Hi! I was downloading CO1 sequences from NCBI over the weekend and in my output, I got some messages that it didn't download some sequences.
Warnings in Output File (was stated multiple time):
WARNING:2024-09-07 13:45:57,826:LokyProcess-4:Expected 5000 sequences in this chunk, but got 4995. I do not know why, or which sequences are missing.

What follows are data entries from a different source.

-- ===== src/Execution/Plugins/Trend.antt =====
-- TrendFollowing and Pullback: aimos/execution/plugins/trend_following.py and pullback.py.
use aimos.Prelude.{
  Bool, true, false, not, ◌&&◌, ◌||◌, Option, none, some, List, [], ◌∷◌, keep, or_else,
  if◌then◌else◌,
}
use aimos.Prelude.Floats.{Floats, ◌⊕◌, ◌⊖◌, ◌⊗◌, ◌⊘◌, ◌<?◌, ◌≤?◌, nat}
use aimos.Schemas.{
  Action, long, short, is_bullish, is_bearish, trending_up, same_regime, continuation,
  same_behavior, trend_follow, pullback_to, TradePlan, MarketUnderstanding, ExecContext,
}
use aimos.Execution.Plugins.{estimate_costs_bps, regime_prob, max_from, min_from, proposal}

pub record TrendCfg (F : Type 0) : Type 0 where
  pub min_confidence : F
  pub min_coin_health : F
  pub sl_atr_buffer : F
  pub tp_rr : F

pub record PullbackCfg (F : Type 0) : Type 0 where
  pub min_confidence : F
  pub min_coin_health : F
  pub ema_proximity_atr : F
  pub sl_atr_beyond : F
  pub min_rr : F

module _ {F : Type 0} ⦃fl : Floats F⦄ where
  -- `_nearest` below and above a price: the nearest level beyond it, or else the outermost one.
  unfoldable pub nearest_below : List F → F → Option F
  nearest_below [] below = none
  nearest_below (v ∷ vs) below = elim (keep (λ x. x <? below) (v ∷ vs)) [
    | [] ↦ some (max_from v vs)
    | c ∷ cs ↦ some (max_from c cs)
  ]

  unfoldable pub nearest_above : List F → F → Option F
  nearest_above [] above = none
  nearest_above (v ∷ vs) above = elim (keep (λ x. above <? x) (v ∷ vs)) [
    | [] ↦ some (min_from v vs)
    | c ∷ cs ↦ some (min_from c cs)
  ]

  -- `_mid`
  unfoldable pub mid_price : MarketUnderstanding F → Option F
  mid_price mu = elim mu.key_levels.price [
    | none ↦ none
    | some price ↦ if fl.is_finite price && (nat 0 <? price) then some price else none
  ]

  -- The plan of TrendFollowing for an entry and a stop.
  unfoldable pub trend_plan :
      TrendCfg F → MarketUnderstanding F → ExecContext F → Bool → F → F → Option (TradePlan F)
  trend_plan cfg mu ctx is_up entry stop =
      let r = fl.abs (entry ⊖ stop) in
      let tp = if is_up then entry ⊕ (cfg.tp_rr ⊗ r) else entry ⊖ (cfg.tp_rr ⊗ r) in
      let action = if is_up then long else short in
      if r ≤? nat 0
      then none
      else some (
          proposal "TrendFollowing" mu action entry stop tp cfg.tp_rr (estimate_costs_bps ctx)
            (mu.confidence ⊗ regime_prob mu) (trend_follow action entry stop tp))

  unfoldable pub trend_following :
      TrendCfg F → MarketUnderstanding F → ExecContext F → Option (TradePlan F)
  trend_following cfg mu ctx =
      let is_up = same_regime mu.regime trending_up in
      let atr = or_else mu.key_levels.atr (nat 0) in
      let buffer = cfg.sl_atr_buffer ⊗ atr in
      if not (if is_up then is_bullish mu.direction_bias else is_bearish mu.direction_bias)
      then none
      else elim (mid_price mu) [
        | none ↦ none
        | some entry ↦
            if atr ≤? nat 0
            then none
            else if is_up
            then elim (nearest_below mu.key_levels.swing_lows entry) [
              | none ↦ none
              | some swing ↦ trend_plan cfg mu ctx true entry (swing ⊖ buffer)
            ]
            else elim (nearest_above mu.key_levels.swing_highs entry) [
              | none ↦ none
              | some swing ↦ trend_plan cfg mu ctx false entry (swing ⊕ buffer)
            ]
      ]

  -- `_extreme`
  abbrev pub highest : List F → Option F
  highest [] = none
  highest (v ∷ vs) = some (max_from v vs)

  abbrev pub lowest : List F → Option F
  lowest [] = none
  lowest (v ∷ vs) = some (min_from v vs)

  unfoldable pub pullback_plan :
      PullbackCfg F
      → MarketUnderstanding F
      → ExecContext F
      → Action
      → F
      → F
      → Option F
      → Option (TradePlan F)
  pullback_plan cfg mu ctx action entry stop none = none
  pullback_plan cfg mu ctx action entry stop (some tp) =
      let risk = fl.abs (entry ⊖ stop) in
      let rr = fl.abs (tp ⊖ entry) ⊘ risk in
      if (risk ≤? nat 0) || (rr <? cfg.min_rr)
      then none
      else some (
          proposal "Pullback" mu action entry stop tp rr (estimate_costs_bps ctx)
            (mu.confidence ⊗ regime_prob mu) (pullback_to entry rr))

  unfoldable pub pullback :
      PullbackCfg F → MarketUnderstanding F → ExecContext F → Option (TradePlan F)
  pullback cfg mu ctx =
      if not (same_behavior mu.behavior continuation) then none else elim mu.key_levels.ema50 [
        | none ↦ none
        | some ema ↦ elim mu.key_levels.price [
          | none ↦ none
          | some price ↦ elim mu.key_levels.atr [
            | none ↦ none
            | some atr ↦
                let beyond = cfg.sl_atr_beyond ⊗ atr in
                if (atr ≤? nat 0) || ((cfg.ema_proximity_atr ⊗ atr) <? fl.abs (price ⊖ ema))
                then none
                else if same_regime mu.regime trending_up
                then pullback_plan cfg mu ctx long ema (ema ⊖ beyond)
                    (highest mu.key_levels.swing_highs)
                else pullback_plan cfg mu ctx short ema (ema ⊕ beyond)
                    (lowest mu.key_levels.swing_lows)
          ]
        ]
      ]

Warnings at the end of the output file:
WARNING:2024-09-07 14:41:30,989:MainProcess:The following accessions were deleted from the sequence database because there was a problem with their taxonomies: LC277241.1, LC277240.1, LC277239.1, LC277238.1, LC277237.1, LC277236.1, LC277235.1, AP011270.1, AB626856.1, GU987838.1, LC735809.1, MW291683.1, MT491941.1, MW991407.1, MW991406.1, MW830102.1, MW830101.1, MW830100.1, MW830099.1, MW830076.1, MW830075.1, MW830074.1, MW830073.1, MW830072.1, MW830071.1, MW830070.1, MW830069.1, MW830068.1, LC613154.1.
The problematic taxids were: 2821972, 2821967, 2821979, 2821966, 2821965, 2821971, 2821977, 2821978, 2821973, 2821970, 2821969, 2791187, 2821968, 2821976, 0.
My code:
qiime rescript get-ncbi-data
--p-query '(cytochrome c oxidase subunit I[gene] OR cytochrome oxidase subunit 1[gene] OR cytochrome oxidase subunit I[gene] OR COX1[gene] OR CO1[gene] OR COI[gene] OR COXI[gene] NOT environmental sample[Title] NOT environmental samples[Title] NOT environmental[Title] NOT uncultured[Title] NOT unclassified[Title] NOT unidentified[Title] NOT unverified[Title] NOT txid2[ORGN] NOT txid2157[ORGN] NOT txid10239[ORGN])'
--verbose --p-logging-level INFO
--p-n-jobs 5
--o-sequences CO1_sequences.qza
--o-taxonomy CO1_taxonomy.qza
My error file was empty so I just want to make sure that this is fine and I don't need to troubleshoot anything. Thank you!!